Masters Program - Chemical Engineering

The Department of Chemical Engineering offers a thesis option in pursuing the Master of Engineering (M.E.) with concentration in Chemical Engineering degree. It does not offer a non-thesis option at this time.

Qualified students may apply for the Enders Fellowship to support their research.

To receive the M.E. degree, graduate students in chemical engineering must complete a minimum of 30 graduate-level credits beyond their baccalaureate degree.  6 of these credits must be for a thesis project on an approved topic (ChE499). It is recommended that students take ChE421 (Advanced Chemical Reaction Engineering), ChE/ME/EID440 (Advanced Fluid Mechanics), ChE/EID441 (Advanced Heat and Mass Transfer) and/or Ch460 (Statistical Mechanics and Computational Chemistry) if they are offered.

18 credits of the 30 must be from Chemical Engineering graduate courses, i.e. ones with course codes ChE4XX.  This includes the ChE499 requirement above.  The remaining 12 credits of the 30 may be from other graduate engineering or science electives (e.g. Ch4XX, EID4XX, Bio4XX, etc.)   All coursework must be approved by the student's thesis research advisor.

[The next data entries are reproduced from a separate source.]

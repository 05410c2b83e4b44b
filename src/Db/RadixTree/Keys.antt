-- ===== src/Db/RadixTree/Keys.antt =====
-- `Insert` and `Find` of db/rax.go for a key with a new first byte.
pub mod Misplaced
use mathlib.Core.Option
use go_mock_redis.Base.Signed.{ℤ, pos, increment, decrement}
use go_mock_redis.Base.{
  ℕ, zero, suc, ◌+◌, ◌<◌, ◌≤◌, ◌≡◌, ◌≢◌, refl, sym, ap, ◌∙◌, inl, inr, Bool, true, false, Option,
  none, some, [], ◌∷◌, ◌++◌, arith, ◌==◌, ==_refl, if◌then◌else◌, Bool-cases, Bytes, length, drop,
  length-append, drop-append_length, append-nil, ==_iff, Run, ok, fault, Returns, ◌>>=◌,
}
use go_mock_redis.Db.RadixTree.{
  Leaf, Tree, node, Edges, no_edges, edge, RaxTree, edges_of, leaf_of, prefix_of,
  longest_common_prefix, count, nth, Walk, found, missing, walk_edge, add_edge_by_idx,
}
use go_mock_redis.Db.RadixTree.Operations.{
  leaf_node, with_edges, insert_here, insert_at, matched, insert_from, insert, find_from, find,
}
use go_mock_redis.Db.RadixTree.Sorted.{
  first, IsSorted, AreBelow, AreAbove, IsWalk, walk_edge-IsWalk,
}
use go_mock_redis.Db.RadixTree.Search.{
  IsRising, IsRising-IsSorted, pick, pick-nth, pick-none, step, find_from-pick,
  pick-add_edge_by_idx, IsRising-add_edge_by_idx,
}

pub common_self : (s : Bytes) → longest_common_prefix s s ≡ s
unfolding longest_common_prefix
common_self [] = refl
common_self (a ∷ s) = rw (==_refl a, common_self s) refl

-- A key is what it shares with a text that begins with it.
pub common-append : (s r : Bytes) → longest_common_prefix (s ++ r) s ≡ s
unfolding longest_common_prefix
common-append [] [] = refl
common-append [] (b ∷ r) = refl
common-append (a ∷ s) r = rw (==_refl a, common-append s r) refl

pub common-longer : (s r : Bytes) → longest_common_prefix s (s ++ r) ≡ s
unfolding longest_common_prefix
common-longer [] [] = refl
common-longer [] (b ∷ r) = refl
common-longer (a ∷ s) r = rw (==_refl a, common-longer s r) refl

pub drop-all : (s : Bytes) → drop (length s) s ≡ []
drop-all [] = refl
drop-all (a ∷ s) = drop-all s

module _ {T : Type 0} where
  abbrev pub tree : Bytes → Edges T → Option (Leaf T) → ℤ → RaxTree T
  tree prefix es leaf size = record { root = node prefix es leaf; size = size }

  -- The walk to a byte that no label begins with.
  abbrev pub Fresh : Edges T → ℕ → Bytes → Type 0
  Fresh es c s =
      (i : ℕ) × (walk_edge es (c ∷ s) ≡ ok (missing i))
      × (i ≤ count es)
      × AreBelow es c i
      × AreAbove es c i

  pub walk_edge-Fresh :
      (es : Edges T) (c : ℕ) (s : Bytes) → IsRising 0 es → pick es c ≡ none → Fresh es c s
  walk_edge-Fresh es c s h e = by_walk (walk_edge-IsWalk es (IsRising-IsSorted es h) c s)
    where
      by_walk :
          Returns (walk_edge es (c ∷ s)) (IsWalk es c s)
          → (i : ℕ) × (walk_edge es (c ∷ s) ≡ ok (missing i))
            × (i ≤ count es)
            × AreBelow es c i
            × AreAbove es c i
      by_walk (missing i, run, is) = (i, run, is.0, is.1, is.2)
      by_walk (found n i m, run, (l, f, g, k)) = cc (pick-nth 0 es c i l n h f g)

  pub walk_edge-pick :
      (es : Edges T) (c : ℕ) (s l : Bytes) (n : Tree T)
      → IsRising 0 es
      → pick es c ≡ some (l, n)
      → (i : ℕ) × (walk_edge es (c ∷ s) ≡ ok (found n i (longest_common_prefix l (c ∷ s))))
        × (nth es i ≡ some (l, n))
  walk_edge-pick es c s l n h e = by_walk (walk_edge-IsWalk es (IsRising-IsSorted es h) c s)
    where
      by_walk :
          Returns (walk_edge es (c ∷ s)) (IsWalk es c s)
          → (i : ℕ) × (walk_edge es (c ∷ s) ≡ ok (found n i (longest_common_prefix l (c ∷ s))))
            × (nth es i ≡ some (l, n))
      by_walk (missing i, run, is) = cc (pick-none es c i is.1 is.2)
      by_walk (found k i m, run, (q, f, g, r)) =
          (i, cc (pick-nth 0 es c i q k h f g), cc (pick-nth 0 es c i q k h f g))

  module _ (prefix : Bytes) (es : Edges T) (leaf : Option (Leaf T)) (size : ℤ)
      (h : IsRising 0 es) where
    pub find-pick :
        (c : ℕ) (s : Bytes)
        → find (tree prefix es leaf size) (c ∷ s) ≡ step (suc (length s)) (c ∷ s) (pick es c)
    unfolding find
    find-pick c s = find_from-pick (suc (length s)) prefix es leaf c s h

    -- A round of `Insert` where no label begins as the rest of the key does.
    pub insert_from-new :
        (fuel : ℕ) (key : Bytes) (c : ℕ) (s : Bytes) (val : T) (i : ℕ)
        → walk_edge es (c ∷ s) ≡ ok (missing i)
        → insert_from (suc fuel) (tree prefix es leaf size) key (c ∷ s) val
          ≡ ok (
            tree prefix
                (add_edge_by_idx es i (c ∷ s) (leaf_node (c ∷ s) (c ∷ s) val))
                leaf
                (increment size),
            true,
          )
    unfolding insert_from insert_at
    insert_from-new fuel key c s val i run = rw (run, ◌>>=◌) refl

    -- The tree has the new key, and what it gave for the keys that begin otherwise.
    abbrev pub HasNew : ℕ → Bytes → T → RaxTree T × Bool → Type 0
    HasNew c s val r =
        (r.1 ≡ true)
        × (r.0.size ≡ increment size)
        × (find r.0 (c ∷ s) ≡ ok (some val))
        × ((d : ℕ) (q : Bytes)
            → (c == d) ≡ false
            → find r.0 (d ∷ q) ≡ find (tree prefix es leaf size) (d ∷ q))

module _ {T : Type 0} (prefix : Bytes) (es : Edges T) (leaf : Option (Leaf T)) (size : ℤ)
    (h : IsRising 0 es) where
  pub grown-HasNew :
      (c : ℕ) (s : Bytes) (val : T) (i : ℕ)
      → i ≤ count es
      → AreBelow es c i
      → AreAbove es c i
      → HasNew prefix es leaf size h c s val (
        tree prefix
            (add_edge_by_idx es i (c ∷ s) (leaf_node (c ∷ s) (c ∷ s) val))
            leaf
            (increment size),
        true,
      )
  unfolding find_from
  grown-HasNew c s val i k below above =
      let new = leaf_node (c ∷ s) (c ∷ s) val in
      let es' = add_edge_by_idx es i (c ∷ s) new in
      let h' = IsRising-add_edge_by_idx 0 es i c s new (omega arith) k below above h in
      (
        refl,
        refl,
        find-pick prefix es' leaf (increment size) h' c s
            ∙ rw
                (
                  pick-add_edge_by_idx es i c c s new below above,
                  ==_refl c,
                  common_self (c ∷ s),
                  drop-all s,
                )
                refl,
        λ d q ne.
            find-pick prefix es' leaf (increment size) h' d q
            ∙ rw (pick-add_edge_by_idx es i c d s new below above, ne) refl
            ∙ sym (find-pick prefix es leaf size h d q),
      )

  -- `Insert` of a key whose first byte begins no label of the root reports a new key and counts
  -- it, `Find` gives the new value for the key, and for every key with another first byte it gives
  -- what it gave before, provided that the labels of the root are not empty and their first bytes
  -- rise.
  pub insert-HasNew :
      (c : ℕ) (s : Bytes) (val : T)
      → pick es c ≡ none
      → Returns
          (insert (tree prefix es leaf size) (c ∷ s) val)
          (HasNew prefix es leaf size h c s val)
  unfolding insert
  insert-HasNew c s val e =
      let (i, run, k, below, above) = walk_edge-Fresh es c s h e in
      (
        _,
        insert_from-new prefix es leaf size h (suc (length s)) (c ∷ s) c s val i run,
        grown-HasNew c s val i k below above,
      )

module _ {T : Type 0} where
  pub find_from-end :
      (fuel : ℕ) (q : Bytes) (below : Edges T) (old : Option (Leaf T))
      → 0 < fuel
      → find_from fuel (node q below old) [] ≡ ok (Option.map (λ l. l.val) old)
  unfolding find_from
  find_from-end zero q below old lt = absurd (omega arith)
  find_from-end (suc fuel) q below old lt = refl

  -- `Find` of the label of an edge of the root.
  pub find-once :
      (prefix : Bytes) (es : Edges T) (leaf : Option (Leaf T)) (size : ℤ) (c : ℕ) (s q : Bytes)
      (below : Edges T) (old : Option (Leaf T))
      → IsRising 0 es
      → pick es c ≡ some (c ∷ s, node q below old)
      → find (tree prefix es leaf size) (c ∷ s) ≡ ok (Option.map (λ l. l.val) old)
  find-once prefix es leaf size c s q below old h e =
      find-pick prefix es leaf size h c s
      ∙ rw (e, common_self (c ∷ s), drop-all s)
          (find_from-end (suc (length s)) q below old (omega arith))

A thesis candidate must choose a full-time Cooper Union faculty member from either the chemistry or chemical engineering departments as one of their thesis research advisors by the end of their first semester. Thesis projects may be co-advised by up to two faculty members.  Before choosing a thesis topic, students should meet with each faculty member in the chemistry and chemical engineering departments to discuss potential projects and each professor’s research interests.

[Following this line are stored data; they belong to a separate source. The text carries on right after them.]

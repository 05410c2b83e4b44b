-- ===== src/Db/RadixTree/Delete/Lost.antt =====
-- `Delete` of db/rax.go for the label of an edge of the root, and the merge behind it.
use go_mock_redis.Base.Signed.{ℤ, decrement}
use go_mock_redis.Base.{
  ℕ, zero, suc, ◌+◌, ◌<◌, ◌≡◌, ◌≢◌, ◌⊎◌, refl, sym, ap, ◌∙◌, inl, inr, Bool, true, false, Option,
  none, some, [], ◌∷◌, ◌++◌, arith, ◌==◌, ==_refl, if◌then◌else◌, Bool-cases, Bytes, bytes_eq, ok,
  Returns, ◌>>=◌,
}
use go_mock_redis.Db.RadixTree.{
  Leaf, Tree, node, Edges, no_edges, edge, RaxTree, count, nth, has_prefix,
}
use go_mock_redis.Db.RadixTree.Operations.{find}
use go_mock_redis.Db.RadixTree.Sorted.{first}
use go_mock_redis.Db.RadixTree.Search.{IsRising-weaken, IsRising, at_least, pick}
use go_mock_redis.Db.RadixTree.Keys.{
  common_self, drop-all, find-once, tree, walk_edge-pick, find-pick,
}
use go_mock_redis.Db.RadixTree.Delete.{
  remove_edge_by_idx, merge, unlink, delete_at, delete_from, deleted, delete,
}

has_prefix-append : (s x : Bytes) → has_prefix (s ++ x) s ≡ true
unfolding has_prefix
has_prefix-append [] x = refl
has_prefix-append (a ∷ s) x = rw (==_refl a) (has_prefix-append s x)

swap_tests :
    {A : Type 0}
    → (m l d : ℕ) (a r p : Option A) → p ≡ (if l == d then none else r)
    → (m == l) ≡ false
    → (if m == d then a else p) ≡ (if l == d then none else (if m == d then a else r))
swap_tests m l d a r p e f = ground arith

module _ {T : Type 0} where
  pick-below : (lo : ℕ) (es : Edges T) (d : ℕ) → IsRising lo es → d < lo → pick es d ≡ none
  unfolding pick
  pick-below lo no_edges d h lt = refl
  pick-below lo (edge l n es) d h lt =
      let other : (first l == d) ≡ false = ground arith in
      rw other (pick-below (first l + 1) es d h.2 (omega arith))

  -- The edges without one of them.
  record Without (lo : ℕ) (es : Edges T) (i : ℕ) (l : Bytes) : Type 0 where
    left : Edges T
    runs : remove_edge_by_idx es i ≡ ok left
    rises : IsRising lo left
    fewer : count es ≡ suc (count left)
    picks : (d : ℕ) → pick left d ≡ (if first l == d then none else pick es d)

  remove-Without :
      (lo : ℕ) (es : Edges T) (i : ℕ) (l : Bytes) (n : Tree T)
      → IsRising lo es
      → nth es i ≡ some (l, n)
      → Without lo es i l
  unfolding remove_edge_by_idx pick
  remove-Without lo no_edges i l n h e = absurd (cc)
  remove-Without lo (edge m k es) zero l n h e = record {
    left = es;
    runs = refl;
    rises = IsRising-weaken lo (first m + 1) es (omega arith) h.2;
    fewer = refl;
    picks = λ d. ground (arith, pick-below (first m + 1) es d h.2);
  }
  remove-Without lo (edge m k es) (suc i) l n h e =
      let w = remove-Without (first m + 1) es i l n h.2 e in
      record {
        left = edge m k w.left;
        runs = rw w.runs refl;
        rises = (h.0, h.1, w.rises);
        fewer = ap suc w.fewer;
        picks = λ d.
            swap_tests (first m) (first l) d (some (m, k)) _ _ (w.picks d)
              (ground (arith, at_least (first m + 1) es i l n h.2 e));
      }

  merge-leaf :
      (prefix : Bytes) (es : Edges T) (lf : Leaf T)
      → merge prefix es (some lf) ≡ node prefix es (some lf)
  unfolding merge
  merge-leaf prefix no_edges lf = refl
  merge-leaf prefix (edge l (node q below old) no_edges) lf = refl
  merge-leaf prefix (edge l (node q below old) (edge m k es)) lf = refl

  merge-edges :
      (prefix : Bytes) (es : Edges T) (leaf : Option (Leaf T))
      → (count es ≡ 1) ⊎ (merge prefix es leaf ≡ node prefix es leaf)
  unfolding merge
  merge-edges prefix no_edges leaf = inr refl
  merge-edges prefix (edge l (node q below old) no_edges) leaf = inl refl
  merge-edges prefix (edge l (node q below old) (edge m k es)) leaf = inr refl

  merge-keeps :
      (prefix : Bytes) (es : Edges T) (leaf : Option (Leaf T))
      → ((lf : Leaf T) × (leaf ≡ some lf)) ⊎ (count es ≢ 1)
      → merge prefix es leaf ≡ node prefix es leaf
  merge-keeps prefix es leaf (inl (lf, e)) = rw e (merge-leaf prefix es lf)
  merge-keeps prefix es leaf (inr ne) = elim (merge-edges prefix es leaf) [
    | inl one ↦ absurd (ne one)
    | inr e ↦ e
  ]

  -- `Delete` of the label of an edge of the root, to a node whose prefix begins with it.
  delete-run :
      (prefix : Bytes) (es : Edges T) (leaf : Option (Leaf T)) (size : ℤ) (c : ℕ) (s x : Bytes)
      (below : Edges T) (lf : Leaf T)
      → IsRising 0 es
      → pick es c ≡ some (c ∷ s, node ((c ∷ s) ++ x) below (some lf))
      → (left : Edges T) × (delete (tree prefix es leaf size) (c ∷ s)
          ≡ ok (record { root = merge prefix left leaf; size = decrement size }, true))
        × IsRising 0 left
        × (count es ≡ suc (count left))
        × ((d : ℕ) → pick left d ≡ (if c == d then none else pick es d))
  unfolding delete delete_from delete_at unlink deleted
  delete-run prefix es leaf size c s x below lf h e =
      let (i, run, at) = walk_edge-pick es c s (c ∷ s) (node ((c ∷ s) ++ x) below (some lf)) h e in
      let w = remove-Without 0 es i (c ∷ s) (node ((c ∷ s) ++ x) below (some lf)) h at in
      (
        w.left,
        elim (Bool-cases (bytes_eq ((c ∷ s) ++ x) (c ∷ s))) [
          | inl same ↦ rw (run, ◌>>=◌, delete_at, same, unlink, w.runs) refl
          | inr longer ↦
              rw
                (
                  run,
                  ◌>>=◌,
                  delete_at,
                  longer,
                  common_self (c ∷ s),
                  has_prefix-append (c ∷ s) x,
                  drop-all s,
                  unlink,
                  w.runs,
                )
                refl
        ],
        w.rises,
        w.fewer,
        w.picks,
      )

  module _ (prefix : Bytes) (es : Edges T) (leaf : Option (Leaf T)) (size : ℤ)
      (h : IsRising 0 es) where
    -- The tree has no key with the first byte, and what it gave for the keys that begin otherwise.
    abbrev pub IsCleared : ℕ → RaxTree T × Bool → Type 0
    IsCleared c r =
        (r.1 ≡ true)
        × (r.0.size ≡ decrement size)
        × ((q : Bytes) → find r.0 (c ∷ q) ≡ ok none)
        × ((d : ℕ) (q : Bytes)
            → (c == d) ≡ false
            → find r.0 (d ∷ q) ≡ find (tree prefix es leaf size) (d ∷ q))

    -- `Delete` of the label of an edge of the root, where the node below has a leaf and a prefix
    -- that begins with the label, reports a deletion and lowers the size by one; behind it `Find`
    -- gives nothing for any key with this first byte, those below the edge too, and for every key
    -- with another first byte what it gave before, provided that the labels of the root are not
    -- empty and their first bytes rise, and that the root has a leaf or not exactly two edges.
    pub delete-IsCleared :
        (c : ℕ) (s x : Bytes) (below : Edges T) (lf : Leaf T)
        → pick es c ≡ some (c ∷ s, node ((c ∷ s) ++ x) below (some lf))
        → ((other : Leaf T) × (leaf ≡ some other)) ⊎ (count es ≢ 2)
        → Returns (delete (tree prefix es leaf size) (c ∷ s)) (IsCleared c)
    delete-IsCleared c s x below lf e keeps =
        let (left, run, rises, fewer, picks) = delete-run prefix es leaf size c s x below lf h e in
        let same =
          merge-keeps prefix left leaf
            (elim keeps [ inl l ↦ inl l | inr ne ↦ inr (λ one. ne (omega arith)) ]) in
        (
          _,
          rw same at run,
          (
            refl,
            refl,
            λ q.
                find-pick prefix left leaf (decrement size) rises c q
                ∙ rw (picks c, ==_refl c) refl,
            λ d q ne.
                find-pick prefix left leaf (decrement size) rises d q
                ∙ rw (picks d, ne) refl
                ∙ sym (find-pick prefix es leaf size h d q),
          ),
        )

  find-no_edges :
      (prefix : Bytes) (leaf : Option (Leaf T)) (size : ℤ) (d : ℕ) (q : Bytes)
      → find (tree prefix no_edges leaf size) (d ∷ q) ≡ ok none
  unfolding pick
  find-no_edges prefix leaf size d q = find-pick prefix no_edges leaf size tt d q

  -- The edge that is left of two.
  last_edge :
      (left : Edges T) (c d : ℕ) (es : Edges T) (p : Bytes × Tree T)
      → count left ≡ 1
      → ((b : ℕ) → pick left b ≡ (if c == b then none else pick es b))
      → (c == d) ≡ false
      → pick es d ≡ some p
      → left ≡ edge p.0 p.1 no_edges
  unfolding pick
  last_edge no_edges c d es p one picks ne e = cc
  last_edge (edge l n (edge m k more)) c d es p one picks ne e = absurd (omega arith)
  last_edge (edge l n no_edges) c d es p one picks ne e =
      let at_d : pick (edge l n no_edges) d ≡ some p = rw ne at (picks d) ∙ e in
      elim (Bool-cases (first l == d)) [ inl y ↦ cc | inr other ↦ cc ]

  -- Where the root has no leaf and two edges, with labels that are not empty and rise in their
  -- first bytes, and below one of them is a node with a leaf and no edges, `Delete` of the other
  -- label, where the node below has a leaf and a prefix that begins with that label, reports a
  -- deletion and loses the first one too: `Find` of the first label gave the value of its leaf
  -- before and gives none behind.
  pub delete-both :
      (prefix : Bytes) (es : Edges T) (size : ℤ) (c d : ℕ) (s x q p : Bytes) (below : Edges T)
      (lf other : Leaf T)
      → IsRising 0 es
      → count es ≡ 2
      → pick es c ≡ some (c ∷ s, node ((c ∷ s) ++ x) below (some lf))
      → (c == d) ≡ false
      → pick es d ≡ some (d ∷ q, node p no_edges (some other))
      → (find (tree prefix es none size) (d ∷ q) ≡ ok (some other.val))
        × Returns
            (delete (tree prefix es none size) (c ∷ s))
            (λ r. (r.1 ≡ true) × (find r.0 (d ∷ q) ≡ ok none))
  unfolding merge
  delete-both prefix es size c d s x q p below lf other h two e ne f =
      let (left, run, rises, fewer, picks) = delete-run prefix es none size c s x below lf h e in
      let one =
        last_edge left c d es (d ∷ q, node p no_edges (some other)) (omega arith) picks ne f in
      (
        find-once prefix es none size d q p no_edges (some other) h f,
        (_, rw one at run, (refl, find-no_edges (prefix ++ p) (some other) (decrement size) d q)),
      )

Research interests of chemical engineering faculty members include nature-inspired chemical engineering, polymeric biomaterials for medical applications, drug delivery, environmental engineering, evaluation of sustainability, life cycle assessment, batch process design and optimization, pollution prevention and mitigation, optimization (linear and non-linear programming), particle technology, multiphase flow and fluidization, pharmaceutical engineering and processes, identifying reaction mechanisms for energy applications, design of carbon dioxide adsorbents, and energy systems and processes.

For more detail on faculty research interests, please refer to their research webpages through their bios here.

Applicants to the M.E. program who did not receive their baccalaureate degree in chemical engineering are required to have taken coursework in material and energy balances, thermodynamics, reaction engineering / reactors, and computer programming / scientific computing.